Präzise Positionsbestimmung unter schwierigen Bedingungen mit GNSS
Eine exakte Positionsangabe ist entscheidend für das Baum-Management. Nachdem Baumkontrolleure Maßnahmen für einen Baum festgelegt haben, wie beispielsweise das Entfernen morscher Äste, müssen die beauftragten Baumpfleger das betreffende Gehölz im Gelände zuverlässig wiederfinden können. Die Positionsbestimmung mittels GNSS stellt jedoch besonders unter Bäumen eine Herausforderung dar, da Laub und Äste die Satellitensignale beeinträchtigen können – ein Phänomen, das als „Abschattung“ bezeichnet wird.

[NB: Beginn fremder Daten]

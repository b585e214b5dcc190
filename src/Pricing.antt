-- ===== src/Pricing.antt =====
-- engine/src/engine/options/pricing.py: the tick grid and the price of a structure in a book. An amount
-- is an integer number of a quantum that halves every quote, so midpoints are exact.

pub mod Regimes
pub mod Grid
pub mod Ladder
pub mod Rungs
pub mod Band
pub mod Total
mod Examples
use ibkr_strategy_engine.Prelude.{
  ℕ, ◌+◌, ◌-◌, ◌*◌, ◌/◌, ◌%◌, ◌==◌, ltb, ltb_ℤ, ℤ, pos, negsuc, ◌+ℤ◌, ◌-ℤ◌, ◌*ℤ◌, String, str_eq,
  not, ◌||◌, Option, none, some, List, [], ◌∷◌, any, is_empty, strip, upper, if◌then◌else◌,
}
use ibkr_strategy_engine.Prelude.Result.{Result, ok, err, ◌>>=◌, ◌>>◌, refuse_if}
use ibkr_strategy_engine.Domain.Legs.{OptionLegIntent, is_short}

pub data PricingError : Type 0 where
  unnamed_regime not_positive inverted_regime off_boundary : PricingError
  negative_price not_quantizable not_a_credit not_decreasing outside_band : PricingError

pub record TickRegime : Type 0 where
  pub name : String
  pub below : ℕ
  pub at_or_above : ℕ
  pub boundary : ℕ

-- `TickRegime.__post_init__`
pub make_regime : TickRegime → Result PricingError TickRegime
make_regime r = do
  refuse_if (is_empty (strip r.name)) PricingError.unnamed_regime
  refuse_if (r.below == 0 || r.at_or_above == 0 || r.boundary == 0) PricingError.not_positive
  refuse_if (ltb r.at_or_above r.below) PricingError.inverted_regime
  refuse_if (not (r.boundary % r.below == 0)) PricingError.off_boundary
  refuse_if (not (r.boundary % r.at_or_above == 0)) PricingError.off_boundary
  ok r

abbrev pub increment_for : TickRegime → ℕ → ℕ
increment_for r price = if ltb price r.boundary then r.below else r.at_or_above

-- Amounts in half cents: the schedules of the exchanges, and `tick_regime_for`.
abbrev pub penny_throughout : TickRegime
penny_throughout = record { name = "penny-throughout"; below = 2; at_or_above = 2; boundary = 600 }

abbrev pub standard_increments : TickRegime
standard_increments = record { name = "standard"; below = 10; at_or_above = 20; boundary = 600 }

unfoldable pub tick_regime_for : String → TickRegime
tick_regime_for symbol =
    if any (str_eq (upper (strip symbol))) ("SPY" ∷ "QQQ" ∷ "IWM" ∷ [])
    then penny_throughout
    else standard_increments

pub data Rounding : Type 0 where
  floor ceiling : Rounding

-- The whole number of increments in a price, rounded.
abbrev pub rungs_in : Rounding → ℕ → ℕ → ℕ
rungs_in Rounding.floor price increment = price / increment
rungs_in Rounding.ceiling price increment = (price + (increment - 1)) / increment

unfoldable pub quantize : TickRegime → Rounding → ℕ → Result PricingError ℕ
quantize r rounding price = do
  refuse_if (increment_for r price == 0) PricingError.not_quantizable
  ok (rungs_in rounding price (increment_for r price) * increment_for r price)

-- `quantize_credit`
unfoldable pub quantize_credit : TickRegime → Rounding → ℤ → Result PricingError ℕ
unfolding quantize
quantize_credit r rounding (pos price) = quantize r rounding price
quantize_credit r rounding (negsuc _) = err PricingError.negative_price

pub record OptionQuote : Type 0 where
  pub con_id : ℕ
  pub bid : Option ℤ
  pub ask : Option ℤ

-- `quotes.get(con_id)` of the dictionary of the snapshot's legs: the last quote of a contract counts.
unfoldable pub quote_for : List OptionQuote → ℕ → Option OptionQuote
quote_for [] con_id = none
quote_for (q ∷ quotes) con_id = elim (quote_for quotes con_id) [
  | some later ↦ some later
  | none ↦ if q.con_id == con_id then some q else none
]

abbrev pub half : ℤ → ℤ
half (pos n) = pos (n / 2)
half (negsuc n) = negsuc (n / 2)

abbrev mid_of : Option ℤ → Option ℤ → Option ℤ
mid_of (some bid) (some ask) = some (half (bid +ℤ ask))
mid_of _ _ = none

-- `OptionQuote.mid`
abbrev pub mid : OptionQuote → Option ℤ
mid q = mid_of q.bid q.ask

-- The price at which a leg is valued: refused where there is none, or a negative one.
abbrev usable : Option ℤ → Option ℤ
usable none = none
usable (some price) = if ltb_ℤ price (pos 0) then none else some price

abbrev on_quote : (OptionQuote → Option ℤ) → Option OptionQuote → Option ℤ
on_quote value none = none
on_quote value (some q) = usable (value q)

abbrev add_leg : OptionLegIntent → Option ℤ → Option ℤ → Option ℤ
add_leg leg (some price) (some rest) =
    some (if is_short leg then rest +ℤ price *ℤ leg.ratio else rest -ℤ price *ℤ leg.ratio)
add_leg leg _ _ = none

-- The sum over the legs of what they are worth, short legs positive.
unfoldable pub credit_of :
    (OptionLegIntent → OptionQuote → Option ℤ) → List OptionLegIntent → List OptionQuote → Option ℤ
unfolding quote_for
credit_of value [] quotes = some (pos 0)
credit_of value (leg ∷ legs) quotes =
    add_leg leg (on_quote (value leg) (quote_for quotes leg.con_id)) (credit_of value legs quotes)

abbrev pub natural_value : OptionLegIntent → OptionQuote → Option ℤ
natural_value leg q = if is_short leg then q.bid else q.ask

-- `snapshot is None` gives no price.
abbrev in_book : (List OptionQuote → Option ℤ) → Option (List OptionQuote) → Option ℤ
in_book f none = none
in_book f (some quotes) = f quotes

unfoldable pub natural_credit : List OptionLegIntent → Option (List OptionQuote) → Option ℤ
unfolding credit_of
natural_credit legs = in_book (credit_of natural_value legs)

-- `midpoint_credit`, which is `observed_credit` of proof.py.
unfoldable pub midpoint_credit : List OptionLegIntent → Option (List OptionQuote) → Option ℤ
unfolding credit_of
midpoint_credit legs = in_book (credit_of (λ _. mid) legs)
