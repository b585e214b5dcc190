-- ===== src/Pricing/Regimes.antt =====
-- engine/src/engine/options/pricing.py: the two tiers of a `TickRegime` as one grid, and rounding on it.
use native.Mathlib.Nat.{
  div-mul-le_self, le-div_iff_mul-le, div-lt_iff_lt-mul, lt-div-mul-add, mod-add-div',
  mul-le-mul_right,
}
use ibkr_strategy_engine.Prelude.{
  ℕ, suc, ◌+◌, ◌-◌, ◌*◌, ◌/◌, ◌%◌, ◌≤◌, ◌<◌, ◌≡◌, sym, ap, ◌∙◌, inl, inr, ltb, arith, Bool-cases,
  refl, Bool, true, false, if◌then◌else◌, String, str_eq, strip, upper, any, [], ◌∷◌,
}
use ibkr_strategy_engine.Prelude.Result.{ok}
use ibkr_strategy_engine.Pricing.{
  TickRegime, make_regime, increment_for, tick_regime_for, penny_throughout, standard_increments,
}

-- A price that an order may carry: a whole number of the increments that apply at it.
abbrev pub IsOnGrid : TickRegime → ℕ → Type 0
IsOnGrid r price = (k : ℕ) × (price ≡ k * increment_for r price)

-- What construction has checked of a regime: both increments divide the boundary.
pub record IsRegime (r : TickRegime) : Type 0 where
  pub below_pos : 0 < r.below
  pub above_pos : 0 < r.at_or_above
  pub below_rungs : r.boundary ≡ r.boundary / r.below * r.below
  pub above_rungs : r.boundary ≡ r.boundary / r.at_or_above * r.at_or_above

whole : (n m : ℕ) → n % m ≡ 0 → n ≡ n / m * m
whole n m h = omega (arith, mod-add-div' n m)

pub make_regime-IsRegime : (r s : TickRegime) → make_regime r ≡ ok s → (r ≡ s) × IsRegime r
unfolding make_regime
make_regime-IsRegime r s h = (
  ground arith,
  record {
    below_pos = ground arith;
    above_pos = ground arith;
    below_rungs = whole r.boundary r.below (ground arith);
    above_rungs = whole r.boundary r.at_or_above (ground arith);
  },
)

module _ (n m : ℕ) (positive : 0 < m) where
  floor_le : n / m * m ≤ n
  floor_le = div-mul-le_self n m

  floor_greatest : (k : ℕ) → k * m ≤ n → k * m ≤ n / m * m
  floor_greatest k h = mul-le-mul_right m ((le-div_iff_mul-le positive).1 h)

  ceiling_ge : n ≤ (n + (m - 1)) / m * m
  ceiling_ge = omega (arith, lt-div-mul-add {a = n + (m - 1)} positive)

  ceiling_least : (k : ℕ) → n ≤ k * m → (n + (m - 1)) / m * m ≤ k * m
  ceiling_least k h =
      let room : n + (m - 1) < suc k * m = grind arith in
      let lt : (n + (m - 1)) / m < suc k = (div-lt_iff_lt-mul positive).1 room in
      let le : (n + (m - 1)) / m ≤ k = omega (arith, lt) in mul-le-mul_right m le

pub increment_below :
    (r : TickRegime) (price : ℕ) → price < r.boundary → increment_for r price ≡ r.below
increment_below r price h = ground arith

pub increment_above :
    (r : TickRegime) (price : ℕ) → r.boundary ≤ price → increment_for r price ≡ r.at_or_above
increment_above r price h = ground arith

-- The grid below the boundary, and from it on.
on_grid_below :
    (r : TickRegime) (g k : ℕ) → g ≡ k * increment_for r g → g < r.boundary → g ≡ k * r.below
on_grid_below r g k e h = e ∙ ap (λ (m : ℕ). k * m) (increment_below r g h)

on_grid_above :
    (r : TickRegime) (g k : ℕ) → g ≡ k * increment_for r g → r.boundary ≤ g → g ≡ k * r.at_or_above
on_grid_above r g k e h = e ∙ ap (λ (m : ℕ). k * m) (increment_above r g h)

module _ (r : TickRegime) (v : IsRegime r) where
  pub floor_below :
      (p g : ℕ)
      → p < r.boundary
      → IsOnGrid r g
      → g ≤ p
      → IsOnGrid r (p / r.below * r.below)
        × (p / r.below * r.below ≤ p)
        × (g ≤ p / r.below * r.below)
  floor_below p g h (k, e) le =
      let under = floor_le p r.below v.below_pos in
      let same = on_grid_below r g k e (omega arith) in
      (
        (
          p / r.below,
          sym (ap (λ (m : ℕ). p / r.below * m) (increment_below r _ (omega (arith, under)))),
        ),
        under,
        omega (arith, same, floor_greatest p r.below v.below_pos k (omega (arith, same))),
      )

  pub floor_above :
      (p g : ℕ)
      → r.boundary ≤ p
      → IsOnGrid r g
      → g ≤ p
      → let q = p / r.at_or_above * r.at_or_above in IsOnGrid r q × (q ≤ p) × (g ≤ q)
  floor_above p g h (k, e) le =
      let m = r.at_or_above in
      let under = floor_le p m v.above_pos in
      let end = floor_greatest p m v.above_pos (r.boundary / m) (omega (arith, v.above_rungs)) in
      let over : r.boundary ≤ p / m * m = omega (arith, v.above_rungs, end) in
      (
        (p / m, sym (ap (λ (x : ℕ). p / m * x) (increment_above r _ over))),
        under,
        elim (Bool-cases (ltb g r.boundary)) [
          | inl low ↦ ground (arith, over)
          | inr high ↦
              let same = on_grid_above r g k e (ground arith) in
              omega (arith, same, floor_greatest p m v.above_pos k (omega (arith, same)))
        ],
      )

  pub ceiling_below :
      (p g : ℕ)
      → p < r.boundary
      → IsOnGrid r g
      → p ≤ g
      → let q = (p + (r.below - 1)) / r.below * r.below in IsOnGrid r q × (p ≤ q) × (q ≤ g)
  ceiling_below p g h (k, e) le =
      let m = r.below in
      let q = (p + (m - 1)) / m * m in
      let over = ceiling_ge p m v.below_pos in
      let end : q ≤ r.boundary = omega (
        arith,
        v.below_rungs,
        ceiling_least p m v.below_pos (r.boundary / m) (omega (arith, v.below_rungs)),
      ) in
      (
        elim (Bool-cases (ltb q r.boundary)) [
          | inl low ↦ (
            (p + (m - 1)) / m,
            sym (ap (λ (x : ℕ). (p + (m - 1)) / m * x) (increment_below r q (ground arith))),
          )
          | inr high ↦
              let at : q ≡ r.boundary = ground (arith, end) in
              (
                r.boundary / r.at_or_above,
                at
                    ∙ v.above_rungs
                    ∙ sym (
                        ap (λ (x : ℕ). r.boundary / r.at_or_above * x)
                          (increment_above r q (omega arith))),
              )
        ],
        over,
        elim (Bool-cases (ltb g r.boundary)) [
          | inl low ↦
              let same = on_grid_below r g k e (ground arith) in
              omega (arith, same, ceiling_least p m v.below_pos k (omega (arith, same)))
          | inr high ↦ ground (arith, end)
        ],
      )

  pub ceiling_above :
      (p g : ℕ)
      → r.boundary ≤ p
      → IsOnGrid r g
      → p ≤ g
      → let q = (p + (r.at_or_above - 1)) / r.at_or_above * r.at_or_above in
        IsOnGrid r q × (p ≤ q) × (q ≤ g)
  ceiling_above p g h (k, e) le =
      let m = r.at_or_above in
      let over = ceiling_ge p m v.above_pos in
      let same = on_grid_above r g k e (omega arith) in
      (
        (
          (p + (m - 1)) / m,
          sym (ap (λ (x : ℕ). (p + (m - 1)) / m * x) (increment_above r _ (omega (arith, over)))),
        ),
        over,
        omega (arith, same, ceiling_least p m v.above_pos k (omega (arith, same))),
      )

-- The schedule of every symbol is one that construction accepts.
pub tick_regime_made :
    (underlying : String)
    → make_regime (tick_regime_for underlying) ≡ ok (tick_regime_for underlying)
unfolding tick_regime_for make_regime strip
tick_regime_made underlying =
    by_test (any (str_eq (upper (strip underlying))) ("SPY" ∷ "QQQ" ∷ "IWM" ∷ []))
  where
    by_test :
        (b : Bool)
        → make_regime (if b then penny_throughout else standard_increments)
          ≡ ok (if b then penny_throughout else standard_increments)
    by_test true = refl
    by_test false = refl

Der ppm 10xx GNSS Sensor ist so konzipiert, dass dieser Effekt minimiert wird. Das Gerät verarbeitet Signale mehrerer globaler Satellitennavigationssysteme, darunter GPS (USA), GALILEO (Europa), BEIDOU (China) und GLONASS (Russland). Dadurch stehen stets ausreichend Satelliten zur Verfügung, um eine exakte Position zu bestimmen. Eine flexible Schwanenhalsantenne verbessert den Empfang zusätzlich durch individuelle Ausrichtungsmöglichkeiten.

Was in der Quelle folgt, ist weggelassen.